Good God. I have no words other than, I am in tears reading this. I hope they find the ******* that did this.


----------



## Zoeys mom (Jan 23, 2010)

I am speechless maybe for the first time in my life- I can't even believe Patrick is alive though I can't even imagine the damage his poor organs and brain have suffered. I can't even fathom why anyone would ever do that to an animal? It just makes no sense to me at all how a dog could be starved that severely by any HUMAN. I hope whoever has done this finds themselves in need one day and gets thrown away as trash as he or she has done here


----------



## DharmasMom (Jul 4, 2010)

People suck. I hope he makes a full recovery and finds a loving forever home. And I just want to say there are some pretty horrific other stories on that site as well. It really makes me hate people sometimes.


----------



## Mrs.K (Jul 14, 2009)

Look at the fear in his eyes. It's heartbreaking.


----------



## koda girl (Feb 15, 2010)

Wow I have never seen anything like that. That poor little dog. Some people are very very sick that could watch a dog starve to death like this. How so very sad.


----------



## JustMeLeslie (Sep 15, 2010)

I can't believe there are some people out in the world that could do that to a dog. What kind of person could do that? I just don't understand how some people can be so heartless. 
I hope Patrick fully recovers and is able to find a loving home. He certainly deserves that after all he has been through.


----------



## AvaLaRue (Apr 4, 2010)

i have no words...just tears.


----------



## Lin (Jul 3, 2007)

Oh my god. I can't believe he survived that... I hope they figure out who did this to him.


----------



## JOSHUA SAMPSON (Feb 21, 2010)

Poor baby I want to adopt him so I can give him the nickname lucky and let him play in my yard


----------



## BlackPuppy (Mar 29, 2007)

Poor thing!


----------



## vat (Jul 23, 2010)

Oh why did I look  Poor baby, at least he knows love now even if he does not make it. I hope who ever did this suffers more than this poor dog. How do people do this and what about family and friends that come to visit? I would like to think the dog was hidden away so know one knew and not just that know one saw fit to turn this arse in!!!! :angryfire:


----------



## robinhuerta (Apr 21, 2007)

Pathetic and saddening.....everyday, I find something worse about people.


----------



## Myamom (Oct 10, 2005)

story can be followed on their facebook page

Associated Humane Popcorn Park Shelter | Facebook


----------



## MrsWoodcock (Oct 21, 2010)

DharmasMom said:


> People suck. I hope he makes a full recovery and finds a loving forever home. And I just want to say there are some pretty horrific other stories on that site as well. It really makes me hate people sometimes.

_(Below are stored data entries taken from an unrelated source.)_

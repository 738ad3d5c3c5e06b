-- ===== src/Examples/Logged.antt =====
-- The text level of the event log, run and applied.
use dogwood.Int
use dogwood.LogText
use dogwood.Prelude.{◌≡◌, refl, some, [], ◌∷◌, ◌++◌, Str, str, str_eq, str_lt, join, All}
use dogwood.Unicode.{escape_debug, entity_uid_string}
use dogwood.Int.{pos, negsuc}
use dogwood.Prelude.Results.{ok}
use dogwood.Map
use dogwood.Decimal
use dogwood.Value
use dogwood.Value.{Value}
use dogwood.LogText.{unescape, find_unescaped_quote, split_top_level}
use dogwood.LogText.RoundTrip.{unescape-escape_debug}
use dogwood.LogText.Quoted.{find_unescaped_quote-escape_debug}
use dogwood.LogText.Parts.{
  Text, done, plain, quoted, group, closing, character, escaped, split_top_level-join,
}
use dogwood.LogValue
use dogwood.LogValue.{parse_value}
use dogwood.LogValue.Nesting.{IsReadAt, parse_value_depth-items}
use dogwood.LogValue.EntityLiteral.{parse_value-entity_uid_string}
use dogwood.Examples.{ascii}

-- A quote, a backslash and a line feed.
abbrev marked : Str
marked = str "a\"b\\c\n"

-- An escape with a separator, and one that is malformed.
separated_run : unescape (str "\\u{6_1}") ≡ str "a"
unfolding unescape LogText.unescape_from LogText.escape_step LogText.unicode_escape
    LogText.before_char LogText.from_str_radix_16 LogText.hex_value LogText.hex_digit_value
    LogText.is_scalar
separated_run = refl

malformed_run : unescape (str "\\u{_61}\\q") ≡ str "\\u{_61}\\q"
unfolding unescape LogText.unescape_from LogText.escape_step LogText.unicode_escape
    LogText.before_char
malformed_run = refl

split_run : split_top_level (str "a(1,2),\"x,y\"") b',' ≡ str "a(1,2)" ∷ str "\"x,y\"" ∷ []
unfolding split_top_level LogText.split_from Int.◌+ℤ◌
split_run = refl

unescape-escape_debug_example : unescape (escape_debug ascii marked) ≡ marked
unfolding LogText.is_scalar
unescape-escape_debug_example = unescape-escape_debug ascii marked refl

find_unescaped_quote-escape_debug_example :
    find_unescaped_quote (escape_debug ascii marked ++ b'"' ∷ str ", x")
    ≡ some (escape_debug ascii marked, str ", x")
find_unescaped_quote-escape_debug_example =
    find_unescaped_quote-escape_debug ascii marked (str ", x")

record_run :
    parse_value (str "{id: User::\"a\", n: [-1, 2.50]}")
    ≡ ok (
        Value.object (
          Value.of_members (
            (str "id", Value.entity (str "User") (str "a"))
            ∷ (
              str "n",
              Value.array (
                  Value.cons
                    (Value.int (negsuc 0))
                    (Value.cons (Value.decimal (str "2.50")) Value.nil)),
            )
            ∷ [])))
unfolding parse_value LogValue.parse_value_depth LogValue.trim LogValue.trim_start LogValue.trim_end
    LogValue.is_whitespace LogValue.strip_last LogValue.enclosed LogValue.unquote
    LogValue.split_top_level_once LogValue.split_once_from LogValue.entity_parts LogValue.after_open
    LogValue.parse_signed_i64 LogValue.digit_run LogValue.is_dotted_float LogValue.contains_path
    LogValue.atom LogValue.parse_items LogValue.parse_fields split_top_level LogText.split_from
    unescape LogText.unescape_from find_unescaped_quote Int.◌+ℤ◌ Int.checked str_eq Map.get
    Map.insert str_lt Decimal.digits_value
record_run = refl

parse_value-entity_uid_string_example :
    parse_value (entity_uid_string ascii (str "App::User") marked)
    ≡ ok (Value.entity (str "App::User") marked)
unfolding LogText.is_scalar LogValue.is_whitespace
parse_value-entity_uid_string_example =
    parse_value-entity_uid_string ascii (str "App::User") marked refl refl refl

-- f(a,b) and "x,\""
abbrev applied : Text
applied = plain b'f' (group b'(' (plain b'a' (plain b',' (plain b'b' done))) b')' done)

abbrev quoted_comma : Text
quoted_comma = quoted (character b'x' (character b',' (escaped b'"' closing))) done

split_top_level-join_example :
    split_top_level (str "f(a,b),\"x,\\\"\"") b',' ≡ str "f(a,b)" ∷ str "\"x,\\\"\"" ∷ []
unfolding join
split_top_level-join_example = split_top_level-join b',' applied (quoted_comma ∷ []) refl refl

-- "x,\"" and 0, with a blank around it.
abbrev spaced_zero : Text
spaced_zero = plain 32 (plain b'0' done)

array_items :
    All
      (IsReadAt 128)
      ((quoted_comma, Value.string (str "x,\"")) ∷ (spaced_zero, Value.int (pos 0)) ∷ [])
unfolding LogValue.parse_value_depth LogValue.trim LogValue.trim_start LogValue.trim_end
    LogValue.is_whitespace LogValue.strip_last LogValue.enclosed LogValue.unquote
    LogValue.split_top_level_once LogValue.split_once_from LogValue.entity_parts LogValue.after_open
    LogValue.parse_signed_i64 LogValue.digit_run LogValue.is_dotted_float LogValue.contains_path
    LogValue.atom LogValue.parse_items LogValue.parse_fields split_top_level LogText.split_from
    unescape LogText.unescape_from find_unescaped_quote Int.◌+ℤ◌ Int.checked str_eq Map.get
    Map.insert str_lt Decimal.digits_value LogText.escape_step
array_items = ((refl, refl, refl), ((refl, refl, refl), tt))

parse_value_depth-items_example :
    LogValue.parse_value_depth 129 (str "[\"x,\\\"\", 0]")
    ≡ ok (Value.array (Value.of_list (Value.string (str "x,\"") ∷ Value.int (pos 0) ∷ [])))
unfolding join
parse_value_depth-items_example =
    parse_value_depth-items 128 quoted_comma (Value.string (str "x,\""))
      ((spaced_zero, Value.int (pos 0)) ∷ []) array_items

Im with you completely. My husband and i have the handul of friends we have, but outstretching that it seems as if humanity has taken a turn for the worse...


----------



## Blazings (Jan 24, 2011)

His owner should be executed through starving.. and I'm not even joking


----------



## jakeandrenee (Apr 30, 2010)

speechless...


----------



## TriadGSD (Feb 19, 2011)

the dog would of been better if he was taken to a shelter and put to death instead of suffering like he did. im glad he has a second chance now


----------



## Wolfgeist (Dec 4, 2010)

I cried reading that article. I cannot fathom how anyone could treat a dog like that.


----------



## idahospud49 (Jan 28, 2011)

All I can say is this dog must have some great purpose left in life. It's a miracle he survived!


----------



## HankGSD (Oct 28, 2010)

Crying here.


----------



## Myamom (Oct 10, 2005)

Patrick's own fb page

The Patrick Miracle | Facebook


----------



## Myamom (Oct 10, 2005)

He's sitting up!!!!
Fan photos from The Patrick Miracle | Facebook


----------



## Pattycakes (Sep 8, 2010)

Heartbreaking...   

Sitting here at work and I'm crying. 

People never cease to amaze me as to the cruelty they can inflict on a poor animal.


----------



## vat (Jul 23, 2010)

Way to go Patrick, it was nice to see him sitting up.


----------



## will_and_jamie (Jul 8, 2006)

Wow! That boy is strong-willed! I'm so glad he was rescued and is pulling through it seems. I don't want to believe that someone did that to him.


----------



## CassandGunnar (Jan 3, 2011)

I'm balling my eyes out after reading that.
And I admit that I grew up on John Wayne movies and saw stuff over 25 years in law enforcement that I will NEVER forget. This just kills me. 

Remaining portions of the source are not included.